Honestly, this can’t be good. I’m trembling so hard I need to press my lips together as I rap on Walter’s door. His name—engraved on the plaque—stares ominously back at me before I hear his voice from within the office saying, “Come in.”

My hand twists the doorknob and I force myself to stride inside with confidence.

I spot Walter behind his desk and instantly think, I’m getting fired.

He’s not making eye contact.

He’s not looking at my skirt.

Instead, he stares at a paper as he says, “Take a seat.”

You are so fucking fired, Sara.

Or maybe I’m getting a promotion?

Maybe I’ve done an outstanding job and am getting an employee-of-the-month award.

No, dumbass. You got caught fucking a hotel guest in room 1103 and now you’re doomed.

Well, he was a hot hotel guest! a part of me chirps in.

That is irrelevant, my bitch of a conscience insists. You fucked him at the hotel and you got caught.

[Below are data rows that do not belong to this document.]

-- ===== src/Http/Headers/RoundTrip.antt =====
-- Headers of RFC 9112 through `readHTTPHeaders` (http_proxy.go).
use tunnel.Prelude.{
  ℕ, zero, suc, Bytes, [], ◌∷◌, ◌++◌, ◌≡◌, ◌≢◌, refl, sym, ap, ◌∙◌, some, arith, ◌<◌, ◌≤◌,
  Bool-cases, inl, inr, bytes_eq, bytes_eq_iff, codes, length, length-append, append_assoc,
  append-nil,
}
use tunnel.Prelude.Map.{Map, insert, bytes_key}
use tunnel.Text.{Lacks, Lacks-append, cut-append, split_n-two}
use tunnel.Text.Space.{trim_space, IsField, AreSpaces, trim_space-IsField, is_ascii_space}
use tunnel.Text.Fields.{IsField-append, trim_space-field}
use tunnel.Http.Headers.{
  Headers, read, with_end, read_line, add_header, after_line, after_read, read_loop,
  read_http_headers,
}
use tunnel.Http.Request.{header_line}

-- A header as a client may write it: the name and the value start and end with visible characters, the
-- name has a byte at least and no colon, and neither has a line break.
abbrev pub IsHeader : Bytes → Bytes → Type 0
IsHeader key value =
    IsField key × (key ≢ []) × Lacks b':' key × Lacks b'\n' key × IsField value × Lacks b'\n' value

-- A header's name is not among the fields.
abbrev pub IsNewKey : Bytes → Map Bytes Bytes → Type 0
IsNewKey key [] = Unit {0}
IsNewKey key ((k, v) ∷ fields) = (k ≢ key) × IsNewKey key fields

abbrev pub AreHeaders : Map Bytes Bytes → Type 0
AreHeaders [] = Unit {0}
AreHeaders ((key, value) ∷ fields) = IsHeader key value × IsNewKey key fields × AreHeaders fields

abbrev pub headers_wire : Map Bytes Bytes → Bytes → Bytes
headers_wire [] rest = codes "\r\n" ++ rest
headers_wire ((key, value) ∷ fields) rest = header_line key value ++ headers_wire fields rest

pub read_line-append :
    (line rest : Bytes)
    → Lacks b'\n' line
    → read_line (line ++ b'\n' ∷ rest) ≡ some (line ++ b'\n' ∷ [], rest)
unfolding read_line
read_line-append line rest h = ap with_end (cut-append b'\n' line rest h)

-- What stands behind the colon in the trimmed line.
abbrev behind_colon : Bytes → Bytes
behind_colon [] = []
behind_colon (c ∷ value) = b' ' ∷ c ∷ value

spaces : AreSpaces (b' ' ∷ b'\r' ∷ b'\n' ∷ [])
unfolding is_ascii_space
spaces = (refl, (refl, (refl, tt)))

trim_line :
    (key value : Bytes)
    → IsField key
    → key ≢ []
    → IsField value
    → trim_space (key ++ (b':' ∷ b' ' ∷ (value ++ b'\r' ∷ b'\n' ∷ [])))
      ≡ key ++ b':' ∷ behind_colon value
trim_line key [] h n v =
    let field = IsField-append key b':' [] h n (omega arith) in
    ap trim_space (sym (append_assoc key (b':' ∷ []) (b' ' ∷ b'\r' ∷ b'\n' ∷ [])))
    ∙ trim_space-IsField [] (key ++ b':' ∷ []) (b' ' ∷ b'\r' ∷ b'\n' ∷ []) field tt spaces
trim_line key (c ∷ value) h n v =
    let field = IsField-append key b':' (b' ' ∷ c ∷ value) h n v.1 in
    ap trim_space (sym (append_assoc key (b':' ∷ b' ' ∷ c ∷ value) (b'\r' ∷ b'\n' ∷ [])))
    ∙ trim_space-IsField [] (key ++ b':' ∷ b' ' ∷ c ∷ value) (b'\r' ∷ b'\n' ∷ []) field tt spaces.1

trim_space-behind_colon : (v : Bytes) → IsField v → trim_space (behind_colon v) ≡ v
trim_space-behind_colon [] h = trim_space-field [] h
trim_space-behind_colon (c ∷ v) h =
    ap (λ t. trim_space (b' ' ∷ t)) (sym (append-nil (c ∷ v)))
    ∙ trim_space-IsField (b' ' ∷ []) (c ∷ v) [] h (spaces.0, tt) tt

after_line-header :
    (key value rest : Bytes) (headers : Map Bytes Bytes) (next : Map Bytes Bytes → Headers)
    → IsHeader key value
    → after_line (key ++ b':' ∷ behind_colon value) rest headers next
      ≡ next (insert key value headers)
unfolding after_line add_header
after_line-header [] value rest headers next h = absurd (h.1 refl)
after_line-header (c ∷ key) value rest headers next (field, filled, colon, line, v, w) = rw (
  split_n-two b':' (c ∷ key) (behind_colon value) colon,
  trim_space-field (c ∷ key) field,
  trim_space-behind_colon value v,
)

line_parts :
    (key value rest : Bytes)
    → header_line key value ++ rest ≡ (key ++ (b':' ∷ b' ' ∷ (value ++ b'\r' ∷ []))) ++ b'\n' ∷ rest
line_parts key value rest = simp append_assoc

line_end :
    (key value : Bytes)
    → (key ++ (b':' ∷ b' ' ∷ (value ++ b'\r' ∷ []))) ++ b'\n' ∷ []
      ≡ key ++ (b':' ∷ b' ' ∷ (value ++ b'\r' ∷ b'\n' ∷ []))
line_end key value = simp append_assoc

read_loop-header :
    (n : ℕ) (key value rest : Bytes) (headers : Map Bytes Bytes)
    → IsHeader key value
    → read_loop (suc n) (header_line key value ++ rest) headers
      ≡ read_loop n rest (insert key value headers)
unfolding read_loop
read_loop-header n key value rest headers h =
    let (field, filled, colon, clean, v, w) = h in
    let line = key ++ (b':' ∷ b' ' ∷ (value ++ b'\r' ∷ [])) in
    let ends : Lacks b'\n' (b'\r' ∷ []) = ((λ e. absurd (omega arith)), tt) in
    let behind : Lacks b'\n' (b':' ∷ b' ' ∷ (value ++ b'\r' ∷ [])) = (
      (λ e. absurd (omega arith)),
      ((λ e. absurd (omega arith)), Lacks-append b'\n' value (b'\r' ∷ []) w ends),
    ) in
    let lacks = Lacks-append b'\n' key (b':' ∷ b' ' ∷ (value ++ b'\r' ∷ [])) clean behind in
    ap (λ s. read_loop (suc n) s headers) (line_parts key value rest)
    ∙ ap (λ o. after_read o headers (read_loop n)) (read_line-append line rest lacks)
    ∙ ap (λ l. after_line (trim_space l) rest headers (read_loop n rest)) (line_end key value)
    ∙ ap (λ l. after_line l rest headers (read_loop n rest)) (trim_line key value field filled v)
    ∙ after_line-header key value rest headers (read_loop n rest) h

read_loop-end :
    (n : ℕ) (rest : Bytes) (headers : Map Bytes Bytes)
    → read_loop (suc n) (codes "\r\n" ++ rest) headers ≡ read headers rest
unfolding read_loop after_line
read_loop-end n rest headers =
    let lacks : Lacks b'\n' (b'\r' ∷ []) = ((λ e. absurd (omega arith)), tt) in
    ap (λ o. after_read o headers (read_loop n)) (read_line-append (b'\r' ∷ []) rest lacks)
    ∙ ap (λ l. after_line l rest headers (read_loop n rest))
        (trim_space-IsField (b'\r' ∷ b'\n' ∷ []) [] [] tt spaces.1 tt)

insert-IsNewKey :
    (key value : Bytes) (headers : Map Bytes Bytes)
    → IsNewKey key headers
    → insert key value headers ≡ headers ++ (key, value) ∷ []
unfolding insert
insert-IsNewKey key value [] h = refl
insert-IsNewKey key value ((k, v) ∷ headers) h = elim (Bool-cases (bytes_eq k key)) [
  | inl same ↦ absurd (h.0 ((bytes_eq_iff k key).0 same))
  | inr other ↦ rw other (ap (◌∷◌ (k, v)) (insert-IsNewKey key value headers h.1))
]

AllNew : Map Bytes Bytes → Map Bytes Bytes → Type 0
AllNew [] headers = Unit {0}
AllNew ((key, value) ∷ fields) headers = IsNewKey key headers × AllNew fields headers

IsNewKey-append :
    (key k v : Bytes) (headers : Map Bytes Bytes)
    → IsNewKey key headers
    → k ≢ key
    → IsNewKey key (headers ++ (k, v) ∷ [])
IsNewKey-append key k v [] h n = (n, tt)
IsNewKey-append key k v ((j, w) ∷ headers) h n = (h.0, IsNewKey-append key k v headers h.1 n)

AllNew-append :
    (key value : Bytes) (fields headers : Map Bytes Bytes)
    → AllNew fields headers
    → IsNewKey key fields
    → AllNew fields (headers ++ (key, value) ∷ [])
unfolding AllNew
AllNew-append key value [] headers h n = tt
AllNew-append key value ((k, v) ∷ fields) headers h n = (
  IsNewKey-append k key value headers h.0 (λ e. n.0 (sym e)),
  AllNew-append key value fields headers h.1 n.1,
)

read_loop-headers_wire :
    (n : ℕ) (fields headers : Map Bytes Bytes) (rest : Bytes)
    → AreHeaders fields
    → AllNew fields headers
    → length fields < n
    → read_loop n (headers_wire fields rest) headers ≡ read (headers ++ fields) rest
unfolding AllNew
read_loop-headers_wire zero fields headers rest h a l = absurd (omega arith)
read_loop-headers_wire (suc n) [] headers rest h a l =
    read_loop-end n rest headers ∙ ap (λ m. read m rest) (sym (append-nil headers))
read_loop-headers_wire (suc n) ((key, value) ∷ fields) headers rest (h, new, hs) (a, others) l =
    read_loop-header n key value (headers_wire fields rest) headers h
    ∙ ap (read_loop n (headers_wire fields rest)) (insert-IsNewKey key value headers a)
    ∙ read_loop-headers_wire n fields (headers ++ (key, value) ∷ []) rest hs
        (AllNew-append key value fields headers others new) (omega arith)
    ∙ ap (λ m. read m rest) (append_assoc headers ((key, value) ∷ []) fields)

AllNew-nil : (fields : Map Bytes Bytes) → AllNew fields []
unfolding AllNew
AllNew-nil [] = tt
AllNew-nil ((key, value) ∷ fields) = (tt, AllNew-nil fields)

length-headers_wire :
    (fields : Map Bytes Bytes) (rest : Bytes) → length fields ≤ length (headers_wire fields rest)
length-headers_wire [] rest = omega arith
length-headers_wire ((key, value) ∷ fields) rest =
    let whole = length-append (header_line key value) (headers_wire fields rest) in
    let line = length-append key (codes ": " ++ (value ++ codes "\r\n")) in
    omega (arith, whole, line, length-headers_wire fields rest)

-- Headers on the wire are read as they were written.
pub read_http_headers-headers_wire :
    (fields : Map Bytes Bytes) (rest : Bytes)
    → AreHeaders fields
    → read_http_headers (headers_wire fields rest) ≡ read fields rest
unfolding read_http_headers
read_http_headers-headers_wire fields rest h =
    read_loop-headers_wire (suc (length (headers_wire fields rest))) fields [] rest h
      (AllNew-nil fields) (omega (arith, length-headers_wire fields rest))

Now you’ll not only never see the guy again and never know his name—you also won’t have a job.

My whole body feels as taut as a bowstring. I’m so tense, if I move too fast or too brusquely, I might break. God, please don’t let Walter know about room 1103, I think, as I sit down.

“We’re letting you go.”

I swallow.

Fuck.

He really fired me.

He actually just fired me.

I am being let go.

Out of a job.

Completely and utterly… fucked.

Oh… my… God.

It’s hard to respond to him. This is the second time I’ve been fired in my life. And I’ve only had two jobs. What does that say about me?

I suddenly don’t like myself very much. I feel like a worm. A worm who’s scared shitless now that I’m going to be all alone, in a big bad city, job hunting again.

“I… is it something I did?” I wring my hands.

“Not really. More like didn’t do. We don’t feel you’re as passionate as some of your coworkers. We’re also making cuts, and when it came down to it, I believe you’re the weakest member of the team.” He pushes his glasses back up his nose and stares down at my file. “You can finish your shift and pick up your check on your way out.”

Wow. That’s it?

No “Have a good life, Sara.” Or “It was great working with you.”

No “Thanks for the tie you got me for my birthday.” Or, at the very least, “Sara, thanks for bringing us donuts out of the kindness of your heart all those times.”

Wow.

I’m surprised I manage to walk steadily to the door, because it feels as if my world is spinning like a carousel that is going faster and faster by the second. What am I going to do?

I stumble into the ladies’ room and quickly hide myself inside a stall. I exhale a very effusive “Fuck!” and put my hands on my temples and review my conversation with Walter. I’m an absolute wreck. My dad always said I’d turn out this way. My dad, who is divorcing my mom and seems to think we’re no good for him, was right; I’m apparently not good for anything.

Picking dancing as a career would lead me nowhere.

I’d end up with a dead-end job and no “decent” college degree to save me from it.